In 2001, a western-parody called “Manitou’s Shoe” was created by Michael Bully Herbig, and this movie was to become the most successful German movie ever, awarded three times with the “Deutscher Filmpreis”. In this comedy, different varieties of the German language are employed and distributed to the characters, and it is obvious that the speech forms are essential parts to the design of the figures. The main characters are presented in a black and white manner: The “bad guy” Santa Maria speaks very clear standard German whereas the two good guys, the cowboy Ranger and the Indian Abahachi, are portrayed by actors speaking a kind of reduced Bavarian regional vernacular - of course, this is part of the parody. Additionally, the twin brother of the Indian called Winnetouch is gay and speaks the same vernacular with an emphatic intonation and nasalized voice. The friend of the protagonists, a Greek, speaks a kind of artificial ethnolect used by migrants of the first generation. These varieties trigger stereotypes, holistic schemes together with the appearance of the figures: the bad guy wears a black suit, in the first scene his eyes are covered by black sun glasses and heavy rock music underlies the action. The gay Indian Winnetouch wears pink clothes, his gestures are campy. Abahachi and Ranger are dressed like a typical Indian and cowboy, the Bavarian dialect associates them with the countryside, they speak and act in a casual way. In a holistic view, Santa Maria evokes a cold and hostile feeling, the other actors leave a warm and friendly impression, and this is confirmed throughout the whole movie by their actions. By choosing these speech forms, the schemes are kept alive, in case of the Bavarian variety the movie as a parody is kept in mind. Therefore, in dubbing, one has to consider suitable equivalents in the target language with regard to “translating” the function of triggering stereotypes, in order to sustain the designed character.

4.1 The English Synchronization

Taking a look at the English synchronization, the varieties employed are indeed parallels to the German varieties concerning the function transported: The bad guy is speaking with a British English accent (Received Pronunciation) while the good guys are speaking General American English, or the so called Network English. The effects are the same as caused by the German varieties, standard English sounds - especially in contrast to the other varieties - cold and clear, emotionless, but the Network English works along with a casual behaviour. Some linguistic stereotypes are (cf. Trudgill/Hannah 2002:35-42):

General American English in contrast to Received Pronunciation (RP):


[r]: greater retroflexion than in RP
rhoticity: pronunciation of postvocalic /r/, (card, bird, car); RP is non-rhotic
[t]: flapped consonants: [t] , [nt] → [d̯ ]
[l]: ‘dark’ / l / in all positions: [ɫ]; RP: allophonic differentiation [l] - [ɫ]

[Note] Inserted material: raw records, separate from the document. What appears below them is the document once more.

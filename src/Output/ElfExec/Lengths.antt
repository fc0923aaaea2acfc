-- ===== src/Output/ElfExec/Lengths.antt =====
-- src/output/elf/exec.c, elf_exec_write: how long the file is at each stage.
use o.Prelude.{ℕ, ◌+◌, ◌-◌, ◌*◌, ◌%◌, ◌≤◌, ◌≡◌, refl, [], length, ltb, Bool-cases, inl, inr, arith}
use o.Backend.CodeBuf.{Bytes, align_up}
use o.Output.File.{
  ee_wbuf, ee_wpad, ee_pos, ee_align, At, At-ee_wbuf, At-later, At-pad, At-align, length-ee_wbuf,
  length-ee_wpad, length-ee_align8, length-ee_align4096,
}
use o.Output.ElfExec.{ElfExecCtx}
use o.Output.ElfExec.Image.{length-ehdr_bytes, phdr_bytes}
use o.Output.ElfExec.Write.{
  page, is_dyn, text_filesz, interp_bytes, strtab, dyn, shstrtab, ph_count, interp_off, text_off,
  dyn_off, dynstr_off, dynsym_off, shstr_off, sh_off, file_header, program_headers, section_headers,
  pad_to, write_front, write_code, write_sections,
}

length-pad_to : (f : Bytes) (off : ℕ) → length f ≤ off → length (pad_to f off) ≡ off
unfolding pad_to ee_pos
length-pad_to f off h = elim (Bool-cases (ltb (length f) off)) [
  | inl e ↦ rw e (ground (arith, length-ee_wpad f (off - length f)))
  | inr e ↦ rw e (ground arith)
]

pub At-pad_to : {off : ℕ} {part f : Bytes} (n : ℕ) → At off part f → At off part (pad_to f n)
unfolding pad_to
At-pad_to {f = f} n h = elim (Bool-cases (ltb (ee_pos f) n)) [
  | inl e ↦ rw e (At-pad (n - ee_pos f) h)
  | inr e ↦ rw e h
]

align8_add : (a n : ℕ) → a % 8 ≡ 0 → align_up (a + n) 8 ≡ a + align_up n 8
align8_add a n h = omega arith

module _ (ctx : ElfExecCtx) where
  pub length-file_header : length (file_header ctx) ≡ 64
  unfolding file_header
  length-file_header = length-ehdr_bytes _

  pub length-program_headers : length (program_headers ctx) ≡ ph_count ctx * 56
  unfolding program_headers ph_count phdr_bytes
  length-program_headers = elim (Bool-cases (is_dyn ctx)) [ inl e ↦ rw e refl | inr e ↦ rw e refl ]

  -- The file in front of the interpreter's name.
  unfoldable pub front : Bytes
  front =
      ee_wpad (ee_wbuf (ee_wbuf [] (file_header ctx)) (program_headers ctx))
        (interp_off ctx - ee_pos (ee_wbuf (ee_wbuf [] (file_header ctx)) (program_headers ctx)))

  pub length-front : length front ≡ interp_off ctx
  unfolding front interp_off ee_pos
  length-front = omega (
    arith,
    length-ee_wpad _ _,
    length-ee_wbuf (ee_wbuf [] (file_header ctx)) (program_headers ctx),
    length-ee_wbuf [] (file_header ctx),
    length-file_header,
    length-program_headers,
  )

  pub length-write_front : length (write_front ctx) ≡ text_off ctx
  unfolding write_front front text_off
  length-write_front =
      length-pad_to (ee_wbuf front (interp_bytes ctx)) (text_off ctx)
        (omega (arith, length-ee_wbuf front (interp_bytes ctx), length-front))

  text_off-page : text_off ctx % 4096 ≡ 0
  unfolding text_off
  text_off-page = omega arith

  pub length-write_code :
      (f : Bytes) → length f ≡ text_off ctx → length (write_code ctx f) ≡ dyn_off ctx
  unfolding write_code dyn_off text_filesz
  length-write_code f h = omega (
    arith,
    h,
    text_off-page,
    length-ee_wpad (ee_align (ee_wbuf f ctx.text) page) page,
    length-ee_align4096 (ee_wbuf f ctx.text),
    length-ee_wbuf f ctx.text,
  )

  pub dyn_off-eight : dyn_off ctx % 8 ≡ 0
  unfolding dyn_off text_filesz
  dyn_off-eight = omega (arith, text_off-page)

  -- The file behind the dynamic entries, and behind the names.
  unfoldable pub with_dyn : Bytes → Bytes
  with_dyn f = ee_align (ee_wbuf f (dyn ctx)) 8

  unfoldable pub with_strtab : Bytes → Bytes
  with_strtab f = ee_align (ee_wbuf (with_dyn f) (strtab ctx)) 8

  pub length-with_dyn : (f : Bytes) → length f ≡ dyn_off ctx → length (with_dyn f) ≡ dynstr_off ctx
  unfolding with_dyn dynstr_off
  length-with_dyn f h =
      omega (
        arith,
        h,
        dyn_off-eight,
        length-ee_align8 (ee_wbuf f (dyn ctx)),
        length-ee_wbuf f (dyn ctx),
      )

  pub length-with_strtab :
      (f : Bytes) → length f ≡ dyn_off ctx → length (with_strtab f) ≡ dynsym_off ctx
  unfolding with_strtab dynsym_off dynstr_off
  length-with_strtab f h = omega (
    arith,
    length-with_dyn f h,
    dyn_off-eight,
    length-ee_align8 (ee_wbuf (with_dyn f) (strtab ctx)),
    length-ee_wbuf (with_dyn f) (strtab ctx),
  )

  pub shstr_off-eight : shstr_off ctx % 8 ≡ 0
  unfolding shstr_off dynsym_off dynstr_off
  shstr_off-eight = omega (arith, dyn_off-eight)

  -- The sections stand where the header says, also if the table in front of them starts earlier.
  pub At-section_headers :
      (f : Bytes)
      → length f ≤ shstr_off ctx
      → At (sh_off ctx) (section_headers ctx) (write_sections ctx f)
  unfolding write_sections sh_off
  At-section_headers f h = At-ee_wbuf _ (section_headers ctx) (
      length-pad_to (ee_align (ee_wbuf f shstrtab) 8) _
        (omega (arith, h, length-ee_align8 (ee_wbuf f shstrtab), length-ee_wbuf f shstrtab)))

  pub At-shstrtab : (f : Bytes) {off : ℕ} → length f ≡ off → At off shstrtab (write_sections ctx f)
  unfolding write_sections
  At-shstrtab f h =
      At-later (section_headers ctx) (At-pad_to (sh_off ctx) (At-align 8 (At-ee_wbuf f shstrtab h)))
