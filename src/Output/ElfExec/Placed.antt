-- ===== src/Output/ElfExec/Placed.antt =====
-- src/output/elf/exec.c, elf_exec_write: the parts of the file stand where its headers say.
use o.Prelude.{
  ℕ, ◌+◌, ◌*◌, ◌≡◌, refl, ap, true, false, List, [], ◌∷◌, ◌++◌, Option, none, some, take, replicate,
  length, length-append, Bool-cases, inl, inr, arith,
}
use o.Backend.CodeBuf.{Bytes}
use o.Output.File.{
  ee_wbuf, At, At-ee_wbuf, At-later, At-pad, At-align, length-ee_wbuf, length-ee_align8,
}
use o.Output.ElfExec.{ElfExecCtx}
use o.Output.ElfExec.Write.{
  page, is_dyn, interp_bytes, dynsym, strtab, dyn, shstrtab, interp_off, text_off, dyn_off,
  dynstr_off, dynsym_off, shstr_off, sh_off, file_header, program_headers, section_headers,
  write_front, write_code, write_tables, write_sections, elf_image,
}
use o.Output.ElfExec.Lengths.{
  At-pad_to, front, length-front, length-write_front, length-file_header, with_dyn, with_strtab,
  length-with_dyn, length-with_strtab, length-write_code, dyn_off-eight, At-section_headers,
  At-shstrtab,
}
use o.Output.ElfExec.Write.{tables_fit, elf_exec_write, symbols, libs, va_text}
use o.Output.ElfExec.Image.{add_symbols, strtab_push, sym_bytes, length-sym_bytes}
use o.Frontend.Types.{StrView}

some_same : {x y : Bytes} → some x ≡ some y → y ≡ x
some_same h = ground arith

absurd_write : {x y : Bytes} → ◌≡◌ {A = Option Bytes} none (some y) → y ≡ x
absurd_write h = cc

length-add_symbols :
    (va : ℕ) (es : List (StrView × ℕ)) (names syms : Bytes)
    → length (add_symbols va es names syms).1 ≡ length syms + 24 * length es
unfolding add_symbols
length-add_symbols va [] names syms = omega arith
length-add_symbols va ((name, off) ∷ es) names syms = omega (
  arith,
  length-add_symbols va es (strtab_push names (take 255 name))
      (syms ++ sym_bytes (length names) (va + off)),
  length-append syms (sym_bytes (length names) (va + off)),
  length-sym_bytes (length names) (va + off),
)

pub length-dynsym : (ctx : ElfExecCtx) → length (dynsym ctx) ≡ 24 + 24 * length ctx.exports
unfolding dynsym symbols
length-dynsym ctx = length-add_symbols (va_text ctx) ctx.exports (0 ∷ []) (replicate 24 0)

libs-static : (ctx : ElfExecCtx) → is_dyn ctx ≡ false → libs ctx ≡ (0 ∷ [], [])
unfolding libs
libs-static ctx e = rw e refl

length-strtab-static : (ctx : ElfExecCtx) → is_dyn ctx ≡ false → length (strtab ctx) ≡ 1
unfolding strtab
length-strtab-static ctx e = ap (λ (p : Bytes × Bytes). length p.0) (libs-static ctx e)

length-dyn-static : (ctx : ElfExecCtx) → is_dyn ctx ≡ false → length (dyn ctx) ≡ 0
unfolding dyn
length-dyn-static ctx e = rw e refl

shstr_off-static :
    (ctx : ElfExecCtx)
    → is_dyn ctx ≡ false
    → shstr_off ctx ≡ dyn_off ctx + 32 + 24 * length ctx.exports
unfolding shstr_off dynsym_off dynstr_off
shstr_off-static ctx e =
    omega (arith, length-dynsym ctx, length-strtab-static ctx e, length-dyn-static ctx e)

module _ (ctx : ElfExecCtx) where
  -- What stands in the file stays through the later stages.
  sections_keep : {off : ℕ} {part f : Bytes} → At off part f → At off part (write_sections ctx f)
  unfolding write_sections
  sections_keep h =
      At-later (section_headers ctx) (At-pad_to (sh_off ctx) (At-align 8 (At-later shstrtab h)))

  tables_keep : {off : ℕ} {part f : Bytes} → At off part f → At off part (write_tables ctx f)
  unfolding write_tables
  tables_keep h = elim (Bool-cases (is_dyn ctx)) [
    | inl e ↦ rw e (
        At-align 8 (
          At-later (dynsym ctx)
            (At-align 8 (At-later (strtab ctx) (At-align 8 (At-later (dyn ctx) h))))))
    | inr e ↦ rw e h
  ]

  code_keep : {off : ℕ} {part f : Bytes} → At off part f → At off part (write_code ctx f)
  unfolding write_code
  code_keep h = At-pad page (At-align page (At-later ctx.text h))

  image_keep :
      {off : ℕ} {part : Bytes} → At off part (write_front ctx) → At off part (elf_image ctx)
  unfolding elf_image
  image_keep h = sections_keep (tables_keep (code_keep h))

  At-file_header : At 0 (file_header ctx) (elf_image ctx)
  unfolding write_front
  At-file_header = image_keep (
      At-pad_to (text_off ctx) (
        At-later (interp_bytes ctx)
          (At-pad _ (At-later (program_headers ctx) (At-ee_wbuf [] (file_header ctx) refl)))))

  At-program_headers : At 64 (program_headers ctx) (elf_image ctx)
  unfolding write_front
  At-program_headers = image_keep (
      At-pad_to (text_off ctx) (
        At-later (interp_bytes ctx) (
          At-pad _ (
            At-ee_wbuf (ee_wbuf [] (file_header ctx)) (program_headers ctx)
              (omega (arith, length-ee_wbuf [] (file_header ctx), length-file_header ctx))))))

  At-interp : At (interp_off ctx) (interp_bytes ctx) (elf_image ctx)
  unfolding write_front front
  At-interp =
      image_keep
        (At-pad_to (text_off ctx) (At-ee_wbuf (front ctx) (interp_bytes ctx) (length-front ctx)))

  At-text : At (text_off ctx) ctx.text (elf_image ctx)
  unfolding elf_image write_code
  At-text = sections_keep (
      tables_keep (
        At-pad page
          (At-align page (At-ee_wbuf (write_front ctx) ctx.text (length-write_front ctx)))))

  -- The tables of a file with a dynamic loader, behind a file whose code ends at their offset.
  module _ (f : Bytes) (loaded : is_dyn ctx ≡ true) (ends : length f ≡ dyn_off ctx) where
    At-dyn : At (dyn_off ctx) (dyn ctx) (write_tables ctx f)
    unfolding write_tables
    At-dyn = rw loaded (
        At-align 8 (
          At-later (dynsym ctx)
            (At-align 8 (At-later (strtab ctx) (At-align 8 (At-ee_wbuf f (dyn ctx) ends))))))

    At-strtab : At (dynstr_off ctx) (strtab ctx) (write_tables ctx f)
    unfolding write_tables with_dyn
    At-strtab = rw loaded (
        At-align 8 (
          At-later (dynsym ctx)
            (At-align 8 (At-ee_wbuf (with_dyn ctx f) (strtab ctx) (length-with_dyn ctx f ends)))))

    At-dynsym : At (dynsym_off ctx) (dynsym ctx) (write_tables ctx f)
    unfolding write_tables with_strtab with_dyn
    At-dynsym =
        rw loaded
          (At-align 8 (At-ee_wbuf (with_strtab ctx f) (dynsym ctx) (length-with_strtab ctx f ends)))

    length-write_tables : length (write_tables ctx f) ≡ shstr_off ctx
    unfolding write_tables with_strtab with_dyn shstr_off dynsym_off dynstr_off
    length-write_tables = rw loaded (
        omega (
          arith,
          length-with_strtab ctx f ends,
          dyn_off-eight ctx,
          length-ee_align8 (ee_wbuf (with_strtab ctx f) (dynsym ctx)),
          length-ee_wbuf (with_strtab ctx f) (dynsym ctx),
        ))

  written : {f : Bytes} → elf_exec_write ctx ≡ some f → f ≡ elf_image ctx
  unfolding elf_exec_write
  written h = elim (Bool-cases (tables_fit ctx)) [
    | inl e ↦ some_same (rw e at h)
    | inr e ↦ absurd_write (rw e at h)
  ]

  coded : Bytes
  coded = write_code ctx (write_front ctx)

  coded_ends : length coded ≡ dyn_off ctx
  unfolding coded
  coded_ends = length-write_code ctx (write_front ctx) (length-write_front ctx)

  -- The parts of a file with a dynamic loader, at the offsets that the function computes.
  pub dynamic_parts :
      (f : Bytes)
      → is_dyn ctx ≡ true
      → elf_exec_write ctx ≡ some f
      → At 0 (file_header ctx) f
        × At 64 (program_headers ctx) f
        × At (interp_off ctx) (interp_bytes ctx) f
        × At (text_off ctx) ctx.text f
        × At (dyn_off ctx) (dyn ctx) f
        × At (dynstr_off ctx) (strtab ctx) f
        × At (dynsym_off ctx) (dynsym ctx) f
        × At (shstr_off ctx) shstrtab f
        × At (sh_off ctx) (section_headers ctx) f
  unfolding elf_image coded
  dynamic_parts f loaded h = rw (written h) (
    At-file_header,
    At-program_headers,
    At-interp,
    At-text,
    sections_keep (At-dyn coded loaded coded_ends),
    sections_keep (At-strtab coded loaded coded_ends),
    sections_keep (At-dynsym coded loaded coded_ends),
    At-shstrtab ctx (write_tables ctx coded) (length-write_tables coded loaded coded_ends),
    At-section_headers ctx (write_tables ctx coded)
        (omega (arith, length-write_tables coded loaded coded_ends)),
  )

  -- The parts of a static executable.
  pub static_parts :
      (f : Bytes)
      → is_dyn ctx ≡ false
      → elf_exec_write ctx ≡ some f
      → At 0 (file_header ctx) f
        × At 64 (program_headers ctx) f
        × At (text_off ctx) ctx.text f
        × At (sh_off ctx) (section_headers ctx) f
        × At (dyn_off ctx) shstrtab f
        × (shstr_off ctx ≡ dyn_off ctx + 32 + 24 * length ctx.exports)
  unfolding elf_image coded write_tables
  static_parts f loaded h =
      let off = shstr_off-static ctx loaded in
      rw (written h) (
        At-file_header,
        At-program_headers,
        At-text,
        rw loaded (At-section_headers ctx coded (omega (arith, coded_ends, off))),
        rw loaded (At-shstrtab ctx coded coded_ends),
        off,
      )
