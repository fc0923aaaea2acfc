-- ===== src/Output/ElfExec/Headers.antt =====
-- src/output/elf/exec.c, elf_exec_write: the offsets in the headers of the file that is written.
use o.Prelude.{
  ℕ, ◌+◌, ◌*◌, ◌%◌, ◌^◌, ◌<◌, ◌≤◌, ◌≡◌, refl, sym, ◌∙◌, ap, true, false, some, length, arith,
}
use mathlib.Core.Path.{subst}
use o.Backend.CodeBuf.{Bytes}
use o.Backend.Buffer.{le_value-le_bytes64}
use o.Output.File.{At}
use o.Output.ElfExec.{ElfExecCtx}
use o.Output.ElfExec.Image.{ehdr_bytes, phdr_bytes, shdr_bytes}
use o.Output.ElfExec.Write.{
  is_dyn, interp_bytes, dynsym, strtab, dyn, shstrtab, ph_count, interp_off, text_off, dyn_off,
  dynstr_off, dynsym_off, shstr_off, sh_off, file_header, program_headers, section_headers,
  elf_exec_write,
}
use o.Output.ElfExec.Lengths.{length-file_header, length-program_headers}
use o.Output.ElfExec.Placed.{dynamic_parts, static_parts}
use o.Output.ElfExec.Fields.{field, e_phoff, e_shoff, p_offset, sh_offset, field-At}

module _ (ctx : ElfExecCtx) where
  -- The parts stand one behind the other.
  increasing :
      (interp_off ctx ≤ text_off ctx)
      × (text_off ctx ≤ dyn_off ctx)
      × (dyn_off ctx ≤ shstr_off ctx)
      × (shstr_off ctx ≤ sh_off ctx)
  unfolding text_off dyn_off shstr_off dynsym_off dynstr_off sh_off
  increasing = (omega arith, omega arith, omega arith, omega arith)

  length-section_headers : length (section_headers ctx) ≡ 240
  unfolding section_headers shdr_bytes
  length-section_headers = refl

  e_phoff-header : field 32 8 (file_header ctx) ≡ 64
  unfolding field file_header ehdr_bytes
  e_phoff-header = le_value-le_bytes64 64

  e_shoff-header : field 40 8 (file_header ctx) ≡ sh_off ctx % 2 ^ 64
  unfolding field file_header ehdr_bytes
  e_shoff-header = le_value-le_bytes64 (sh_off ctx)

  sh_offset-text : field 112 8 (section_headers ctx) ≡ text_off ctx % 2 ^ 64
  unfolding field section_headers shdr_bytes
  sh_offset-text = le_value-le_bytes64 (text_off ctx)

  sh_offset-names : field 192 8 (section_headers ctx) ≡ shstr_off ctx % 2 ^ 64
  unfolding field section_headers shdr_bytes
  sh_offset-names = le_value-le_bytes64 (shstr_off ctx)

  -- The five program headers of a file with a dynamic loader.
  p_offsets-dynamic :
      is_dyn ctx ≡ true
      → (field 8 8 (program_headers ctx) ≡ 64)
        × (field 64 8 (program_headers ctx) ≡ interp_off ctx % 2 ^ 64)
        × (field 120 8 (program_headers ctx) ≡ 0)
        × (field 176 8 (program_headers ctx) ≡ text_off ctx % 2 ^ 64)
        × (field 232 8 (program_headers ctx) ≡ dyn_off ctx % 2 ^ 64)
  unfolding field program_headers phdr_bytes
  p_offsets-dynamic e = rw e (
    le_value-le_bytes64 64,
    le_value-le_bytes64 (interp_off ctx),
    le_value-le_bytes64 0,
    le_value-le_bytes64 (text_off ctx),
    le_value-le_bytes64 (dyn_off ctx),
  )

  p_offsets-static :
      is_dyn ctx ≡ false
      → (field 8 8 (program_headers ctx) ≡ 0)
        × (field 64 8 (program_headers ctx) ≡ text_off ctx % 2 ^ 64)
  unfolding field program_headers phdr_bytes
  p_offsets-static e = rw e (le_value-le_bytes64 0, le_value-le_bytes64 (text_off ctx))

  -- A file with its three tables of headers at their places, below 2 ^ 64 bytes.
  module _ (f : Bytes) (small : sh_off ctx < 2 ^ 64) (header : At 0 (file_header ctx) f)
      (programs : At 64 (program_headers ctx) f)
      (sections : At (sh_off ctx) (section_headers ctx) f) where
    e_phoff-file : e_phoff f ≡ 64
    e_phoff-file = field-At 32 8 header (omega (arith, length-file_header ctx)) ∙ e_phoff-header

    e_shoff-file : e_shoff f ≡ sh_off ctx
    e_shoff-file =
        omega (
          arith,
          field-At 40 8 header (omega (arith, length-file_header ctx)),
          e_shoff-header,
          small,
        )

    p_offset-file :
        (i : ℕ)
        → 56 * i + 16 ≤ ph_count ctx * 56
        → p_offset i f ≡ field (56 * i + 8) 8 (program_headers ctx)
    p_offset-file i h =
        ap (λ n. field (n + (56 * i + 8)) 8 f) e_phoff-file
        ∙ field-At (56 * i + 8) 8 programs (omega (arith, h, length-program_headers ctx))

    sh_offset-file : (i : ℕ) → i < 3 → sh_offset i f ≡ field (80 * i + 32) 8 (section_headers ctx)
    sh_offset-file i h =
        ap (λ n. field (n + (80 * i + 32)) 8 f) e_shoff-file
        ∙ field-At (80 * i + 32) 8 sections (omega (arith, h, length-section_headers))

    sh_offset_1 : sh_offset 1 f ≡ text_off ctx
    sh_offset_1 = omega (arith, sh_offset-file 1 (omega arith), sh_offset-text, increasing, small)

    sh_offset_2 : sh_offset 2 f ≡ shstr_off ctx
    sh_offset_2 = omega (arith, sh_offset-file 2 (omega arith), sh_offset-names, increasing, small)

At-moved : {a b : ℕ} {part f : Bytes} → b ≡ a → At a part f → At b part f
At-moved {part = part} {f = f} e h = subst (λ n. At n part f) (sym e) h

ph_count-dynamic : (ctx : ElfExecCtx) → is_dyn ctx ≡ true → ph_count ctx ≡ 5
unfolding ph_count
ph_count-dynamic ctx e = rw e refl

ph_count-static : (ctx : ElfExecCtx) → is_dyn ctx ≡ false → ph_count ctx ≡ 2
unfolding ph_count
ph_count-static ctx e = rw e refl

-- In a dynamic executable or shared object that is written, below 2 ^ 64 bytes, the file header is
-- the first part, and the fields of the headers, read from the file, lead to what they name: e_phoff
-- to the program headers, e_shoff to the section headers, the offsets in the program headers to these
-- headers themselves, the name of the loader, the start of the file, the code and the dynamic entries,
-- and those in the section headers to the code and the section names. Between the dynamic entries and
-- the section names stand, each aligned to 8 bytes, the table of strings and that of symbols.
pub elf_exec_write-dynamic :
    (ctx : ElfExecCtx) (f : Bytes)
    → is_dyn ctx ≡ true
    → sh_off ctx < 2 ^ 64
    → elf_exec_write ctx ≡ some f
    → At 0 (file_header ctx) f
      × At (e_phoff f) (program_headers ctx) f
      × At (e_shoff f) (section_headers ctx) f
      × At (p_offset 0 f) (program_headers ctx) f
      × At (p_offset 1 f) (interp_bytes ctx) f
      × (p_offset 2 f ≡ 0)
      × At (p_offset 3 f) ctx.text f
      × At (p_offset 4 f) (dyn ctx) f
      × At (sh_offset 1 f) ctx.text f
      × At (sh_offset 2 f) shstrtab f
      × At (dynstr_off ctx) (strtab ctx) f
      × At (dynsym_off ctx) (dynsym ctx) f
elf_exec_write-dynamic ctx f loaded small h =
    let (header, programs, interp, text, entries, strings, symbols, names, sections) =
      dynamic_parts ctx f loaded h in
    let (own, p1, p2, p3, p4) = p_offsets-dynamic ctx loaded in
    let five = ph_count-dynamic ctx loaded in
    let p = p_offset-file ctx f small header programs sections in
    let up = increasing ctx in
    (
      header,
      At-moved (e_phoff-file ctx f small header programs sections) programs,
      At-moved (e_shoff-file ctx f small header programs sections) sections,
      At-moved (omega (arith, p 0 (omega (arith, five)), own)) programs,
      At-moved (omega (arith, p 1 (omega (arith, five)), p1, up, small)) interp,
      omega (arith, p 2 (omega (arith, five)), p2),
      At-moved (omega (arith, p 3 (omega (arith, five)), p3, up, small)) text,
      At-moved (omega (arith, p 4 (omega (arith, five)), p4, up, small)) entries,
      At-moved (sh_offset_1 ctx f small header programs sections) text,
      At-moved (sh_offset_2 ctx f small header programs sections) names,
      strings,
      symbols,
    )

-- In a static executable that is written, below 2 ^ 64 bytes, e_phoff leads to the program headers,
-- e_shoff to the section headers, the offsets in the program headers to the start of the file and to
-- the code, and that of the code's section header to the code; but the section names stand 32 bytes,
-- and 24 bytes for each export, in front of the offset in their section header.
pub elf_exec_write-static :
    (ctx : ElfExecCtx) (f : Bytes)
    → is_dyn ctx ≡ false
    → sh_off ctx < 2 ^ 64
    → elf_exec_write ctx ≡ some f
    → At 0 (file_header ctx) f
      × At (e_phoff f) (program_headers ctx) f
      × At (e_shoff f) (section_headers ctx) f
      × (p_offset 0 f ≡ 0)
      × At (p_offset 1 f) ctx.text f
      × At (sh_offset 1 f) ctx.text f
      × At (dyn_off ctx) shstrtab f
      × (sh_offset 2 f ≡ dyn_off ctx + 32 + 24 * length ctx.exports)
elf_exec_write-static ctx f loaded small h =
    let (header, programs, text, sections, names, off) = static_parts ctx f loaded h in
    let (p0, p1) = p_offsets-static ctx loaded in
    let two = ph_count-static ctx loaded in
    let p = p_offset-file ctx f small header programs sections in
    let up = increasing ctx in
    (
      header,
      At-moved (e_phoff-file ctx f small header programs sections) programs,
      At-moved (e_shoff-file ctx f small header programs sections) sections,
      omega (arith, p 0 (omega (arith, two)), p0),
      At-moved (omega (arith, p 1 (omega (arith, two)), p1, up, small)) text,
      At-moved (sh_offset_1 ctx f small header programs sections) text,
      names,
      sh_offset_2 ctx f small header programs sections ∙ off,
    )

/a/ → [æ]: before voiceless fricatives (path, grass), before /nt/, /ns/, /nd/, /ntʃ/, /mp/

The possibility to distinguish, recognize and allocate these two varieties is given, and therefore the English synchronization compared to the German original works in the intended way. However, at least no regional dialects are employed, but national varieties, and the question arises, whether no genuine dialects can be found. One scene plays with a parallel in location of dialects: The barkeeper says “Ihr müsst Ranger sein! Der Mann mit dem Südstaatenslang!” (‘You must be Ranger, the man with the slang from the Southern States’; synchronized version: “You gotta be Ranger, right? I was hoping to meet you one day.” Min. 39:46). The Southern States of the USA, where the action is located, is paralleled to the “German” South due to the use of Bavarian dialects, which means Bavaria and Austria. This parodic play is not translated, obviously because Ranger actually does not speak this slang but Network English. Here, the results from perceptual dialectology can be brought in: As Preston (2002) shows with the method of drawing mental maps, the south-eastern part of the United States is the best known area associated with a different dialect, and this dialect is perceived as the most dialectal one, it corresponds the least with a correct standard variety. This Lower Southern accent bears special linguistic features:

Special Features of the Lower Southern Accent:

Lower Southern accents are non-rhotic
‘Breaking’: [ə] – offglide in stressed monosyllables (bad [bæijəd])
/ai/ as monophthong [a:]  (high [ha:])
/ɪ/ = /ɛ/ before a nasal consonant (pin = pen)
verbforms wasn’t, isn’t: [z] → [d]  ([ɪdnt] , [idn])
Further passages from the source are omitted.